But having done a bit more reading, I realized that the country was a
dictator’s paradise, the cult of personality turned up to eleven. (And now, back home, Trump was busy doing the
same thing.)
Our Uzbek guides had left us earlier on, and now at the
border, uniformed strongmen boarded our dining car, bringing to a quick end the
convivial mood we'd enjoyed over dinner.
LYL and quickly escaped back to our compartment in an attempt to sleep
through the proceedings. But sleep was
hard fought, due to the movement of people past our door. Most unfortunately, the Turkmen guiding crew
had decided to use the neighboring cabin as base camp, their voices rising and
falling to accompany the clack of rail, and one of them seemed hostage to the
computer game he played on his phone, the blips and beeps invading my aural
passages through the thin walls.

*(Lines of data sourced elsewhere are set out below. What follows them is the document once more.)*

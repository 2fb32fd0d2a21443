-- ===== src/Exit/Priority.antt =====
-- The rules of pkg/exit in their order, and that the decision is the first rule that applies.
use lobster_roll.Prelude.{ℕ, ◌<◌, ◌≡◌, Bool, true, false, ◌&&◌, ◌||◌, if◌then◌else◌, arith}
use lobster_roll.Float.{Float, ◌<?◌, ◌≤?◌, ◌⊖◌, ◌⊗◌, nought, one}
use lobster_roll.Exit.{
  Kind, hold, sell, hedge, Reason, no_position, stop_loss, leader_exited, lock_profit, take_profit,
  holding, Position, Config, decide, stop_loss_hit, hedge_lock_hit, take_profit_hit, clamp_frac,
}

-- The priority of a rule, the first being 0.
abbrev pub rank : Reason → ℕ
rank no_position = 0
rank stop_loss = 1
rank leader_exited = 2
rank lock_profit = 3
rank take_profit = 4
rank holding = 5

abbrev pub kind_of : Reason → Kind
kind_of no_position = hold
kind_of stop_loss = sell
kind_of leader_exited = sell
kind_of lock_profit = hedge
kind_of take_profit = sell
kind_of holding = hold

module _ {ℓ} {F : Type ℓ} ⦃d : Float F⦄ where
  -- Whether a rule's own condition holds, whatever the other rules say: no share is held; the price is
  -- at a positive stop or below it; the leader left; a hedge locks in a positive minimum; the price is
  -- at a positive target or above it; always.
  abbrev pub applies : Reason → Position F → Config F → Bool
  applies no_position p cfg = p.shares ≤? nought
  applies stop_loss p cfg = nought <? cfg.stop_loss && p.cur_price ≤? cfg.stop_loss
  applies leader_exited p cfg = cfg.leader_exited
  applies lock_profit p cfg =
      nought <? cfg.hedge_lock_min && cfg.hedge_lock_min ≤? one ⊖ p.entry_price ⊖ p.opp_price
  applies take_profit p cfg = nought <? cfg.take_profit && cfg.take_profit ≤? p.cur_price
  applies holding p cfg = true

  -- A fraction of the shares, all of them for one that is not in (0, 1].
  abbrev pub part : F → F → F
  part shares f = if f ≤? nought || one <? f then shares ⊗ one else shares ⊗ f

  -- The shares that a rule trades.
  abbrev pub shares_of : Reason → Position F → Config F → F
  shares_of no_position p cfg = nought
  shares_of stop_loss p cfg = p.shares
  shares_of leader_exited p cfg = part p.shares cfg.leader_exit_frac
  shares_of lock_profit p cfg = p.shares
  shares_of take_profit p cfg = part p.shares cfg.take_profit_frac
  shares_of holding p cfg = nought

  decide-applies : (p : Position F) (cfg : Config F) → applies (decide p cfg).reason p cfg ≡ true
  unfolding decide stop_loss_hit hedge_lock_hit take_profit_hit
  decide-applies p cfg = ground arith

  decide-before :
      (p : Position F) (cfg : Config F) (r : Reason)
      → rank r < rank (decide p cfg).reason
      → applies r p cfg ≡ false
  unfolding decide stop_loss_hit hedge_lock_hit take_profit_hit
  decide-before p cfg no_position h = ground arith
  decide-before p cfg stop_loss h = ground arith
  decide-before p cfg leader_exited h = ground arith
  decide-before p cfg lock_profit h = ground arith
  decide-before p cfg take_profit h = ground arith
  decide-before p cfg holding h = ground arith

  decide-kind :
      (p : Position F) (cfg : Config F) → (decide p cfg).kind ≡ kind_of (decide p cfg).reason
  unfolding decide stop_loss_hit hedge_lock_hit take_profit_hit
  decide-kind p cfg = ground arith

  decide-shares :
      (p : Position F) (cfg : Config F)
      → (decide p cfg).shares ≡ shares_of (decide p cfg).reason p cfg
  unfolding decide clamp_frac
  decide-shares p cfg = ground arith

  -- For every position and configuration, the condition of the rule that `decide` names holds, no
  -- rule before it in the order no position, stop loss, leader exit, hedge, take profit, hold has
  -- its condition met, and the action is the rule's: its kind, and its shares. A stop loss sells and a
  -- hedge covers all that is held, a leader exit and a take profit sell their fraction, holding and
  -- having no position trade none.
  pub decide_first :
      (p : Position F) (cfg : Config F)
      → let r = (decide p cfg).reason in
        (applies r p cfg ≡ true)
        × ((s : Reason) → rank s < rank r → applies s p cfg ≡ false)
        × ((decide p cfg).kind ≡ kind_of r)
        × ((decide p cfg).shares ≡ shares_of r p cfg)
  decide_first p cfg =
      (decide-applies p cfg, decide-before p cfg, decide-kind p cfg, decide-shares p cfg)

Their
boss was the worst of all, with a loud booming voice to match his swagger. (The woman who had previously been in charge
on the Uzbek side also was fairly unpleasant, but at least she kept to herself,
ruling the domain behind her hard, cold countenance.) He was on his mobile phone near constantly,
choosing to have his most boisterous conversations just outside our door. During an interrupted nap the following day I
lost my temper and told him to move along, which he did, though he was at it
again before long. Truly a detestable
person.
So it was that I watched through bloodshot eyes our train
rolling into Mary in the pre-dawn light.
Massive flags waved lethargically above huge blocks of white
marble. As the light came up, so did the
passengers, waiting in the cold for a train that hadn’t yet arrived. The women were all wearing what I’d seen
associate with the national dress, sexily form-fitting like the aozai of Vietnam yet in an array of
colors, above which the whole look was capped with towering head scarves. Our guide chose a simple black suit,
befitting perhaps her status as history professor. She looked tired, a bit beaten down by life,
the dry rambling of her information lacking the comedic charm of the
professional guide. She was far more
pleasant to talk with one on one, and she was certainly helpful and attentive
to our respective interests. (Luckily we
were spared the guide from the German group, who had been told to bathe before
rejoining them, his stench filling an entire bus.)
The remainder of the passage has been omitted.